• Extracted data:
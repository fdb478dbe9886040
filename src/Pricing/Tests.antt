-- ===== src/Pricing/Tests.antt =====
-- Costs at concrete inputs.
use gridix_infra.Prelude.{◌≡◌, refl}
use gridix_infra.Decimal.{round_half_up}
use gridix_infra.Pricing.{compute_cost, escrow_estimate, data_cost, round_half_up}
use gridix_infra.Config.{default_settings}
use gridix_infra.Models.Samples.{two_cores}

-- Two cores for 50 seconds at 1 USD a core and minute.
compute_cost_runs : compute_cost two_cores 50_000_000 default_settings ≡ 166_666_667
unfolding compute_cost round_half_up
compute_cost_runs = refl

escrow_estimate_runs : escrow_estimate two_cores 300 default_settings ≡ 1_000_000_000
unfolding escrow_estimate round_half_up
escrow_estimate_runs = refl

data_cost_runs : data_cost 1_500_000_000 default_settings ≡ 15_000_000
unfolding data_cost round_half_up
data_cost_runs = refl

• About this exercise:
Could each line above be retyped exactly?

• Written answer:
repository fdb478dbe9886040
filename src/Pricing/Tests.antt
-- ===== src/Pricing/Tests.antt =====
-- Costs at concrete inputs.
use gridix_infra.Prelude.{◌≡◌, refl}
use gridix_infra.Decimal.{round_half_up}
use gridix_infra.Pricing.{compute_cost, escrow_estimate, data_cost, round_half_up}
use gridix_infra.Config.{default_settings}
use gridix_infra.Models.Samples.{two_cores}

-- Two cores for 50 seconds at 1 USD a core and minute.
compute_cost_runs : compute_cost two_cores 50_000_000 default_settings ≡ 166_666_667
unfolding compute_cost round_half_up
compute_cost_runs = refl

escrow_estimate_runs : escrow_estimate two_cores 300 default_settings ≡ 1_000_000_000
unfolding escrow_estimate round_half_up
escrow_estimate_runs = refl

data_cost_runs : data_cost 1_500_000_000 default_settings ≡ 15_000_000
unfolding data_cost round_half_up
data_cost_runs = refl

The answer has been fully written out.